▸ Goal of the exercise: Set down word for word the lines that begin the entries and run through the line containing "draws_id id c = false". Give nothing further.

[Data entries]
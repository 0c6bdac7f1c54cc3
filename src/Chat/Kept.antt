-- ===== src/Chat/Kept.antt =====
-- The rows of a message that was accepted stay as they are, whatever calls follow.
use backend_bmo_blabs.Base.{
  ℕ, ◌≡◌, refl, sym, ap, subst, inl, inr, Bool, true, false, ◌&&◌, ◌||◌, not, some, same_text, List,
  [], ◌∷◌, ◌==◌, is_some, arith, Bool-cases, Option-cases, All,
}
use backend_bmo_blabs.Database.{count, count-append_one, count-zero}
use backend_bmo_blabs.Database.Counts.{update_many-same, count_mono, count-forced}
use backend_bmo_blabs.Chat.Rows.{SessionStatus, MessageRow, OperationRow, Tables, is_open}
use backend_bmo_blabs.Chat.Lease.{
  Services, ChatJob, Fresh, claim, renew_lease, is_held, release_lease, record_failure, reply,
  store_reply, find_session, complete,
}
use backend_bmo_blabs.Chat.Sessions.{
  ChatMessageInput, FreshMessage, find_operation, create_session, delete_rows, delete_session,
  same_device, user_message, new_operation, is_taken, store_message, accept_message,
}
use backend_bmo_blabs.Chat.Calls.{Call, step, run}
use backend_bmo_blabs.Chat.Cases.{accept_cases}

-- The reply of the call takes this id.
abbrev pub draws_id : ℕ → Call → Bool
draws_id id (Call.completes job token text fresh now) = fresh.id == id
draws_id id c = false

module _ (env : Services) (user session : ℕ) (input : ChatMessageInput)
    (message operation : ℕ) where
  open env use {db}

  abbrev pub has_key : OperationRow → Bool
  has_key o = o.user_id == user && o.idempotency_key == input.idempotency_key

  abbrev pub is_the_operation : OperationRow → Bool
  is_the_operation o = has_key o && o.id == operation && o.user_message_id == message

  abbrev pub has_message_id : MessageRow → Bool
  has_message_id m = m.id == message

  abbrev pub is_the_message : MessageRow → Bool
  is_the_message m =
      m.id == message
      && m.session_id == session
      && same_text m.content input.text
      && same_device m.source_device_id input.device_id

  -- The key has one operation and the operation's message one row, and they are the ones sent.
  pub record IsKept (s : Tables) : Type 0 where
    pub one_operation : count has_key s.operations ≡ 1
    pub the_operation : count is_the_operation s.operations ≡ 1
    pub one_message : count has_message_id s.messages ≡ 1
    pub the_message : count is_the_message s.messages ≡ 1

  -- A write on operations that keeps ids and keys.
  pub record Stays (f : OperationRow → OperationRow) : Type 0 where
    pub key : (o : OperationRow) → has_key (f o) ≡ has_key o
    pub whole : (o : OperationRow) → is_the_operation (f o) ≡ is_the_operation o

  stay-IsKept :
      (s t : Tables) (test : OperationRow → Bool) (f : OperationRow → OperationRow)
      → Stays f
      → t.operations ≡ (db.update_many test f s.operations).0
      → count has_message_id t.messages ≡ count has_message_id s.messages
      → count is_the_message t.messages ≡ count is_the_message s.messages
      → IsKept s
      → IsKept t
  stay-IsKept s t test f k ops m₁ m₂ v =
      let a = update_many-same db has_key test f s.operations k.key in
      let b = update_many-same db is_the_operation test f s.operations k.whole in
      let c = ap (count has_key) ops in
      let d = ap (count is_the_operation) ops in
      let e = v.one_operation in
      let g = v.the_operation in
      let h = v.one_message in
      let i = v.the_message in
      record {
        one_operation = omega arith;
        the_operation = omega arith;
        one_message = omega arith;
        the_message = omega arith;
      }

  create-IsKept :
      (u : ℕ) (temporary : Bool) (i : ℕ) (s : Tables)
      → IsKept s
      → IsKept (create_session env u temporary i s).0
  unfolding create_session
  create-IsKept u temporary i s v =
      elim (Bool-cases (is_some (db.find_first (λ q. q.id == i) s.sessions))) [
        | inl taken ↦ rw (taken, create_session) v
        | inr free ↦
            rw (free, create_session)
              (record {
                one_operation = v.one_operation;
                the_operation = v.the_operation;
                one_message = v.one_message;
                the_message = v.the_message;
              })
      ]

  delete-IsKept : (u i now : ℕ) (s : Tables) → IsKept s → IsKept (delete_session env u i now s).0
  unfolding delete_session delete_rows
  delete-IsKept u i now s v = elim (Option-cases (find_session env u i s)) [
    | inl missing ↦ rw (missing, delete_session) v
    | inr (q, at) ↦
        elim (Bool-cases (
          not (
            (db.update_many (λ q. q.id == i && q.user_id == u && is_open q)
              (λ q. record q { status = SessionStatus.deleted; deleted_at = some now })
              s.sessions).1
            == 1))) [
              | inl lost ↦ rw (at, delete_session) (rw lost v)
              | inr won ↦
                  rw (at, delete_session)
                    (rw won (
                      stay-IsKept s (delete_rows env u i now s) _ _
                        (record { key = λ o. refl; whole = λ o. refl }) refl
                        (update_many-same db has_message_id _ _ s.messages (λ m. refl))
                        (update_many-same db is_the_message _ _ s.messages (λ m. refl)) v))
            ]
  ]

  -- A row with an id that is taken is not added.
  accept-IsKept :
      (u i : ℕ) (sent : ChatMessageInput) (fresh : FreshMessage) (s : Tables)
      → IsKept s
      → IsKept (accept_message env u i sent fresh s).0
  unfolding store_message user_message new_operation is_taken
  accept-IsKept u i sent fresh s v = elim (accept_cases env u i sent fresh s) [
    | inl kept ↦ subst IsKept (sym kept) v
    | inr (q, _, _, free, stored) ↦
        let m = user_message env u i sent fresh in
        let o = new_operation env u sent fresh in
        let clash : OperationRow → Bool = λ o.
          o.id == fresh.operation_id
          || o.user_message_id == fresh.message.id
          || o.user_id == u && o.idempotency_key == sent.idempotency_key in
        let far_key : has_key o ≡ false = elim (Bool-cases (has_key o)) [
          | inr other ↦ other
          | inl same ↦ elim (Option-cases (db.find_first clash s.operations)) [
            | inr (r, at) ↦ absurd (ground arith)
            | inl missing ↦
                let none_there =
                  count-zero clash s.operations (db.missed clash s.operations missing) in
                let less = count_mono has_key clash (λ r e. ground arith) s.operations in
                let one = v.one_operation in absurd (omega arith)
          ]
        ] in
        let far_id : has_message_id m ≡ false = elim (Bool-cases (has_message_id m)) [
          | inr other ↦ other
          | inl same ↦
              elim (Option-cases (db.find_first (λ r. r.id == fresh.message.id) s.messages)) [
                | inr (r, at) ↦ absurd (ground arith)
                | inl missing ↦
                    let none_there =
                      count-zero (λ (r : MessageRow). r.id == fresh.message.id) s.messages
                        (db.missed _ s.messages missing) in
                    let less =
                      count_mono has_message_id (λ (r : MessageRow). r.id == fresh.message.id)
                        (λ r e. ground arith) s.messages in
                    let one = v.one_message in absurd (omega arith)
              ]
        ] in
        let a = ap (count has_key) (db.created o s.operations) in
        let b = ap (count is_the_operation) (db.created o s.operations) in
        let c = ap (count has_message_id) (db.created m s.messages) in
        let d = ap (count is_the_message) (db.created m s.messages) in
        let a' = count-append_one has_key s.operations o in
        let b' = count-append_one is_the_operation s.operations o in
        let c' = count-append_one has_message_id s.messages m in
        let d' = count-append_one is_the_message s.messages m in
        let e = v.one_operation in
        let f = v.the_operation in
        let g = v.one_message in
        let h = v.the_message in
        subst IsKept (sym stored) (record {
          one_operation = ground arith;
          the_operation = ground arith;
          one_message = ground arith;
          the_message = ground arith;
        })
  ]

  complete-IsKept :
      (job : ChatJob) (t : ℕ) (text : List ℕ) (fresh : Fresh) (now : ℕ) (s : Tables)
      → (fresh.id == message) ≡ false
      → IsKept s
      → IsKept (complete env job t text fresh now s).0
  unfolding complete store_reply reply
  complete-IsKept job t text fresh now s far v =
      elim (Option-cases (db.find_first (is_held env job t) s.operations)) [
        | inl missing ↦ rw (missing, complete) v
        | inr (o, at) ↦ elim (Option-cases (find_session env job.user_id job.session_id s)) [
          | inl closed ↦ rw (at, complete) (rw (closed) v)
          | inr (q, here) ↦
              let m = reply env job text fresh in
              let c = ap (count has_message_id) (db.created m s.messages) in
              let d = ap (count is_the_message) (db.created m s.messages) in
              let c' = count-append_one has_message_id s.messages m in
              let d' = count-append_one is_the_message s.messages m in
              rw (at, complete)
                (rw (here) (
                  stay-IsKept s (store_reply env job t text fresh now s) _ _
                    (record { key = λ o. refl; whole = λ o. refl }) refl (ground arith)
                    (ground arith) v))
        ]
      ]

  step-IsKept :
      (s : Tables) (c : Call) → draws_id message c ≡ false → IsKept s → IsKept (step env s c)
  unfolding step claim renew_lease release_lease record_failure
  step-IsKept s (Call.creates u temporary i) h v = create-IsKept u temporary i s v
  step-IsKept s (Call.deletes u i now) h v = delete-IsKept u i now s v
  step-IsKept s (Call.accepts u i sent fresh) h v = accept-IsKept u i sent fresh s v
  step-IsKept s (Call.claims job t now) h v =
      stay-IsKept s (claim env job t now s).0 _ _ (record { key = λ o. refl; whole = λ o. refl })
        refl refl refl v
  step-IsKept s (Call.renews job t now) h v =
      stay-IsKept s (renew_lease env job t now s).0 _ _
        (record { key = λ o. refl; whole = λ o. refl }) refl refl refl v
  step-IsKept s (Call.releases job t now) h v =
      stay-IsKept s (release_lease env job t now s) _ _
        (record { key = λ o. refl; whole = λ o. refl }) refl refl refl v
  step-IsKept s (Call.fails job t now) h v =
      stay-IsKept s (record_failure env job t now s) _ _
        (record { key = λ o. refl; whole = λ o. refl }) refl refl refl v
  step-IsKept s (Call.completes job t text fresh now) h v =
      complete-IsKept job t text fresh now s h v

  pub run-IsKept :
      (s : Tables) (calls : List Call)
      → All (λ c. draws_id message c ≡ false) calls
      → IsKept s
      → IsKept (run env s calls)
  unfolding run
  run-IsKept s [] h v = v
  run-IsKept s (c ∷ cs) h v = run-IsKept (step env s c) cs h.1 (step-IsKept s c h.0 v)

  -- The operation of the key is found, with its message, and answers the message.
  pub find-IsKept :
      (s : Tables)
      → IsKept s
      → (o : OperationRow) × (m : MessageRow) × (find_operation env user input.idempotency_key s
          ≡ some (o, m))
        × (is_the_operation o ≡ true)
        × (is_the_message m ≡ true)
  unfolding find_operation
  find-IsKept s v = elim (Option-cases (db.find_first has_key s.operations)) [
    | inl missing ↦
        let none_there = count-zero has_key s.operations (db.missed has_key s.operations missing) in
        let one = v.one_operation in absurd (omega arith)
    | inr (o, at) ↦
        let (hit, mem) = db.found has_key s.operations o at in
        let a = v.one_operation in
        let b = v.the_operation in
        let own =
          count-forced has_key is_the_operation (λ r e. ground arith) s.operations (omega arith) o
            mem hit in
        let id : o.user_message_id ≡ message = ground arith in
        elim (Option-cases (db.find_first (λ m. m.id == o.user_message_id) s.messages)) [
          | inl missing ↦
              let none_there =
                count-zero (λ (m : MessageRow). m.id == o.user_message_id) s.messages
                  (db.missed _ s.messages missing) in
              let less =
                count_mono has_message_id (λ (m : MessageRow). m.id == o.user_message_id)
                  (λ r e. ground arith) s.messages in
              let one = v.one_message in absurd (omega arith)
          | inr (m, there) ↦
              let (fits, mem') = db.found _ s.messages m there in
              let c = v.one_message in
              let d = v.the_message in
              let e =
                count-forced has_message_id is_the_message (λ r e. ground arith) s.messages
                  (omega arith) m mem' (ground arith) in
              (o, m, rw (at, find_operation) (rw (there) refl), own, e)
        ]
  ]
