module _ (env : Services) where
  open env use {db}

  repeated_makes_none :
      (s : Tables) (r : Result Fault AcceptedMessage) (a : AcceptedMessage)
      → (repeated env s r).1 ≢ ok (a, true)
  unfolding repeated
  repeated_makes_none s (ok x) a e = ground arith
  repeated_makes_none s (err f) a e = ground arith

  accept_new :
      (user session : ℕ) (input : ChatMessageInput) (fresh : FreshMessage) (s : Tables)
      (a : AcceptedMessage)
      → (accept_message env user session input fresh s).1 ≡ ok (a, true)
      → (q : SessionRow) × (is_taken env user input fresh s ≡ false)
        × (accept_message env user session input fresh s ≡ (
          store_message env user session input fresh q s,
          ok (
            answer env
                (new_operation env user input fresh)
                (user_message env user session input fresh),
            true,
          ),
        ))
  unfolding accept_message
  accept_new user session input fresh s a =
      elim (Option-cases (find_operation env user input.idempotency_key s)) [
        | inr ((o, m), at) ↦
            rw (at, accept_message)
              (λ e. absurd (repeated_makes_none s (existing_response env o m session input) a e))
        | inl new ↦ elim (Option-cases (find_session env user session s)) [
          | inl closed ↦ rw (new, accept_message) (rw (closed) (λ e. absurd (ground arith)))
          | inr (q, here) ↦ elim (Bool-cases (not (owns_device env user input.device_id s))) [
            | inl foreign ↦
                rw (new, accept_message) (rw (here) (rw foreign (λ e. absurd (ground arith))))
            | inr own ↦ elim (Bool-cases (is_taken env user input fresh s)) [
              | inl taken ↦
                  rw (new, accept_message)
                    (rw (here) (rw own (rw taken (λ e. absurd (ground arith)))))
              | inr free ↦
                  rw (new, accept_message) (rw (here) (rw own (rw free (λ e. (q, refl, refl)))))
            ]
          ]
        ]
      ]

  stored-IsKept :
      (user session : ℕ) (input : ChatMessageInput) (fresh : FreshMessage) (q : SessionRow)
      (s : Tables)
      → is_taken env user input fresh s ≡ false
      → IsKept env user session input fresh.message.id fresh.operation_id
          (store_message env user session input fresh q s)
  unfolding store_message user_message new_operation is_taken
  stored-IsKept user session input fresh q s free =
      let key = has_key env user session input fresh.message.id fresh.operation_id in
      let op = is_the_operation env user session input fresh.message.id fresh.operation_id in
      let mid = has_message_id env user session input fresh.message.id fresh.operation_id in
      let msg = is_the_message env user session input fresh.message.id fresh.operation_id in
      let m = user_message env user session input fresh in
      let o = new_operation env user input fresh in
      let clash : OperationRow → Bool = λ o.
        o.id == fresh.operation_id
        || o.user_message_id == fresh.message.id
        || o.user_id == user && o.idempotency_key == input.idempotency_key in
      elim (Option-cases (db.find_first clash s.operations)) [
        | inr (r, at) ↦ absurd (ground arith)
        | inl missing ↦ elim (Option-cases (db.find_first mid s.messages)) [
          | inr (r, at) ↦ absurd (ground arith)
          | inl absent ↦
              let zero_ops = count-zero clash s.operations (db.missed clash s.operations missing) in
              let zero_messages = count-zero mid s.messages (db.missed mid s.messages absent) in
              let x = count_mono key clash (λ r e. ground arith) s.operations in
              let y = count_mono op key (λ r e. ground arith) s.operations in
              let z = count_mono msg mid (λ r e. ground arith) s.messages in
              let t = same_text_refl input.text in
              let d = same_device_refl input.device_id in
              let a = ap (count key) (db.created o s.operations) in
              let b = ap (count op) (db.created o s.operations) in
              let c = ap (count mid) (db.created m s.messages) in
              let e = ap (count msg) (db.created m s.messages) in
              let a' = count-append_one key s.operations o in
              let b' = count-append_one op s.operations o in
              let c' = count-append_one mid s.messages m in
              let e' = count-append_one msg s.messages m in
              record {
                one_operation = ground arith;
                the_operation = ground arith;
                one_message = ground arith;
                the_message = ground arith;
              }
        ]
      ]

  -- The operation of the key is found, and its answer is this one.
  abbrev IsFound : ℕ → ℕ → ChatMessageInput → Tables → AcceptedMessage → Type 0
  IsFound user session input t b =
      (o : OperationRow) × (m : MessageRow) × (find_operation env user input.idempotency_key t
        ≡ some (o, m))
      × (existing_response env o m session input ≡ ok b)

  kept_answers :
      (user session message operation : ℕ) (input : ChatMessageInput) (fresh : FreshMessage)
      (t : Tables)
      → IsKept env user session input message operation t
      → (b : AcceptedMessage) × (accept_message env user session input fresh t ≡ (t, ok (b, false)))
        × (b.operation_id ≡ operation)
        × (b.user_message_id ≡ message)
        × IsFound user session input t b
  unfolding accept_message repeated existing_response answer
  kept_answers user session message operation input fresh t v =
      let (o, m, at, fo, fm) = find-IsKept env user session input message operation t v in
      let agree : (not (m.session_id == session)
            || not (same_text m.content input.text)
            || not (same_device m.source_device_id input.device_id))
          ≡ false =
        ground arith in
      (
        answer env o m,
        rw (at, accept_message) (rw (agree) refl),
        ground arith,
        ground arith,
        (o, m, at, rw (agree, existing_response) refl),
      )

  -- The transaction of a message that has been accepted, run again after any calls, is answered with the same
  -- message and operation, and nothing is written. No reply takes the id of the message.
  accepted_again :
      (user session : ℕ) (input : ChatMessageInput) (fresh : FreshMessage) (s : Tables)
      (a : AcceptedMessage)
      → (accept_message env user session input fresh s).1 ≡ ok (a, true)
      → (calls : List Call) → All (λ c. draws_id fresh.message.id c ≡ false) calls
      → (fresh' : FreshMessage)
      → let t = run env (accept_message env user session input fresh s).0 calls in
        (b : AcceptedMessage) × (accept_message env user session input fresh' t
          ≡ (t, ok (b, false)))
        × (b.operation_id ≡ a.operation_id)
        × (b.user_message_id ≡ a.user_message_id)
        × IsFound user session input t b
  unfolding answer new_operation user_message
  accepted_again user session input fresh s a new calls others fresh' =
      let (q, free, stored) = accept_new user session input fresh s a new in
      let kept : IsKept env user session input fresh.message.id fresh.operation_id
          (accept_message env user session input fresh s).0 =
        subst (λ c. IsKept env user session input fresh.message.id fresh.operation_id c.0)
          (sym stored) (stored-IsKept user session input fresh q s free) in
      let answered : ok (
        answer env (new_operation env user input fresh) (user_message env user session input fresh),
        true,
      )
          ≡ ok (a, true) =
        subst (λ c. c.1 ≡ ok (a, true)) stored new in
      let (b, again, op, msg, found) =
        kept_answers user session fresh.message.id fresh.operation_id input fresh' _ (
          run-IsKept env user session input fresh.message.id fresh.operation_id _ calls others
            kept) in
      (b, again, ground arith, ground arith, found)

  -- The first time, there is a job.
  new_makes_job :
      (user session : ℕ) (input : ChatMessageInput) (fresh : FreshMessage) (s : Tables)
      (a : AcceptedMessage)
      → find_operation env user input.idempotency_key s ≡ none
      → (accept_message env user session input fresh s).1 ≢ ok (a, false)
  unfolding accept_message
  new_makes_job user session input fresh s a new =
      elim (Option-cases (find_session env user session s)) [
        | inl closed ↦ rw (new, accept_message) (rw (closed) (λ e. absurd (ground arith)))
        | inr (q, here) ↦ elim (Bool-cases (not (owns_device env user input.device_id s))) [
          | inl foreign ↦
              rw (new, accept_message) (rw (here) (rw foreign (λ e. absurd (ground arith))))
          | inr own ↦ elim (Bool-cases (is_taken env user input fresh s)) [
            | inl taken ↦
                rw (new, accept_message)
                  (rw (here) (rw own (rw taken (λ e. absurd (ground arith)))))
            | inr free ↦
                rw (new, accept_message) (rw (here) (rw own (rw free (λ e. absurd (ground arith)))))
          ]
        ]
      ]

  settled :
      (ticket key : ℕ) (q : ChatQueue) (r : Tables × Result Fault (AcceptedMessage × Bool))
      (a : AcceptedMessage)
      → ((b : AcceptedMessage) → r.1 ≢ ok (b, false))
      → (settle env ticket key q r).1 ≡ ok a
      → (r.1 ≡ ok (a, true)) × ((settle env ticket key q r).0.tables ≡ r.0)
  unfolding settle
  settled ticket key q (t, ok (b, true)) a h e = (ground arith, refl)
  settled ticket key q (t, ok (b, false)) a h e = absurd (h b refl)
  settled ticket key q (t, err f) a h e = absurd (ground arith)

  if_false :
      (b : Bool) (x y : Chat × Result Fault AcceptedMessage) → b ≡ false → (if b then x else y) ≡ y
  if_false true x y e = absurd cc
  if_false false x y e = refl

  if_else :
      (b : Bool) (x y : Chat × Result Fault AcceptedMessage) (a : AcceptedMessage)
      → x.1 ≢ ok a
      → (if b then x else y).1 ≡ ok a
      → (b ≡ false) × ((if b then x else y) ≡ y)
  if_else true x y a h e = absurd (h e)
  if_else false x y a h e = (refl, refl)

  -- A call that finds no operation of its key and succeeds has run the transaction.
  submit_new_first :
      (user session key : ℕ) (input : ChatMessageInput) (fresh : FreshMessage)
      (others : Tables → Tables) (c : Chat) (a : AcceptedMessage)
      → find_operation env user input.idempotency_key (others c.tables) ≡ none
      → (submit_new env user session key input fresh others c).1 ≡ ok a
      → ((accept_message env user session input fresh (others c.tables)).1 ≡ ok (a, true))
        × ((submit_new env user session key input fresh others c).0.tables
            ≡ (accept_message env user session input fresh (others c.tables)).0)
  unfolding submit_new
  submit_new_first user session key input fresh others c a new =
      elim (Option-cases (reserve c.queue).1) [
        | inl full ↦ rw (full, submit_new) (λ e. absurd (ground arith))
        | inr (ticket, room) ↦
            rw (room, submit_new)
              (settled ticket key (reserve c.queue).0
                (accept_message env user session input fresh (others c.tables)) a
                (λ b. new_makes_job user session input fresh (others c.tables) b new))
      ]

  submit_first :
      (user session key : ℕ) (input : ChatMessageInput) (fresh : FreshMessage)
      (others : Tables → Tables) (c : Chat) (a : AcceptedMessage)
      → find_operation env user input.idempotency_key c.tables ≡ none
      → (submit_message env user session key input fresh others c).1 ≡ ok a
      → (input.speak ≡ false)
        × (submit_message env user session key input fresh others c
            ≡ submit_new env user session key input fresh others c)
  unfolding submit_message
  submit_first user session key input fresh others c a absent e =
      let (silent, same) = if_else input.speak _ _ a (λ h. ground arith) e in
      (silent, same ∙ rw (absent) refl)

  -- A call that finds the operation of its key answers from it.
  submit_again :
      (user session key : ℕ) (input : ChatMessageInput) (fresh : FreshMessage)
      (others : Tables → Tables) (c : Chat) (o : OperationRow) (m : MessageRow)
      → input.speak ≡ false
      → find_operation env user input.idempotency_key c.tables ≡ some (o, m)
      → submit_message env user session key input fresh others c
        ≡ (c, existing_response env o m session input)
  unfolding submit_message
  submit_again user session key input fresh others c o m silent at =
      if_false input.speak _ _ silent ∙ rw (at) refl

  -- A message that is sent for the first time and accepted, and is sent again after any calls on the
  -- tables, with any state of the queue, is answered with the same message and operation, and
  -- nothing is written or queued: neither where the call finds the operation at once, nor where the
  -- transaction does. No reply takes the id of the message.
  pub sent_again :
      (user session key : ℕ) (input : ChatMessageInput) (fresh : FreshMessage)
      (others : Tables → Tables) (c : Chat) (a : AcceptedMessage)
      → find_operation env user input.idempotency_key c.tables ≡ none
      → find_operation env user input.idempotency_key (others c.tables) ≡ none
      → (submit_message env user session key input fresh others c).1 ≡ ok a
      → (calls : List Call) → All (λ c. draws_id fresh.message.id c ≡ false) calls
      → (fresh' : FreshMessage) (others' : Tables → Tables) (queue' : ChatQueue)
      → let t = run env (submit_message env user session key input fresh others c).0.tables calls in
        let c' : Chat = record { tables = t; queue = queue' } in
        (b : AcceptedMessage) × (submit_message env user session key input fresh' others' c'
          ≡ (c', ok b))
        × (accept_message env user session input fresh' t ≡ (t, ok (b, false)))
        × (b.operation_id ≡ a.operation_id)
        × (b.user_message_id ≡ a.user_message_id)
  sent_again user session key input fresh others c a absent new e calls draws fresh' others'
        queue' =
      let (silent, same) = submit_first user session key input fresh others c a absent e in
      let (made, tables) =
        submit_new_first user session key input fresh others c a new
          (subst (λ r. r.1 ≡ ok a) same e) in
      let s = others c.tables in
      let first : (submit_message env user session key input fresh others c).0.tables
          ≡ (accept_message env user session input fresh s).0 =
        ap (λ r. r.0.tables) same ∙ tables in
      let c' : Chat = record {
        tables = run env (accept_message env user session input fresh s).0 calls;
        queue = queue';
      } in
      let (b, again, op, msg, (o, m, at, answered)) =
        accepted_again user session input fresh s a made calls draws fresh' in
      subst
        (λ t.
          (b : AcceptedMessage) × (submit_message env user session key input fresh' others'
              (record { tables = run env t calls; queue = queue' })
            ≡ (record { tables = run env t calls; queue = queue' }, ok b))
          × (accept_message env user session input fresh' (run env t calls)
              ≡ (run env t calls, ok (b, false)))
          × (b.operation_id ≡ a.operation_id)
          × (b.user_message_id ≡ a.user_message_id))
        (sym first)
        (
          b,
          submit_again user session key input fresh' others' c' o m silent at
              ∙ ap (λ r. (c', r)) answered,
          again,
          op,
          msg,
        )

▸ Solution:
repository 0c6bdac7f1c54cc3
filename src/Chat/Kept.antt
-- ===== src/Chat/Kept.antt =====
-- The rows of a message that was accepted stay as they are, whatever calls follow.
use backend_bmo_blabs.Base.{
  ℕ, ◌≡◌, refl, sym, ap, subst, inl, inr, Bool, true, false, ◌&&◌, ◌||◌, not, some, same_text, List,
  [], ◌∷◌, ◌==◌, is_some, arith, Bool-cases, Option-cases, All,
}
use backend_bmo_blabs.Database.{count, count-append_one, count-zero}
use backend_bmo_blabs.Database.Counts.{update_many-same, count_mono, count-forced}
use backend_bmo_blabs.Chat.Rows.{SessionStatus, MessageRow, OperationRow, Tables, is_open}
use backend_bmo_blabs.Chat.Lease.{
  Services, ChatJob, Fresh, claim, renew_lease, is_held, release_lease, record_failure, reply,
  store_reply, find_session, complete,
}
use backend_bmo_blabs.Chat.Sessions.{
  ChatMessageInput, FreshMessage, find_operation, create_session, delete_rows, delete_session,
  same_device, user_message, new_operation, is_taken, store_message, accept_message,
}
use backend_bmo_blabs.Chat.Calls.{Call, step, run}
use backend_bmo_blabs.Chat.Cases.{accept_cases}

-- The reply of the call takes this id.
abbrev pub draws_id : ℕ → Call → Bool
draws_id id (Call.completes job token text fresh now) = fresh.id == id
draws_id id c = false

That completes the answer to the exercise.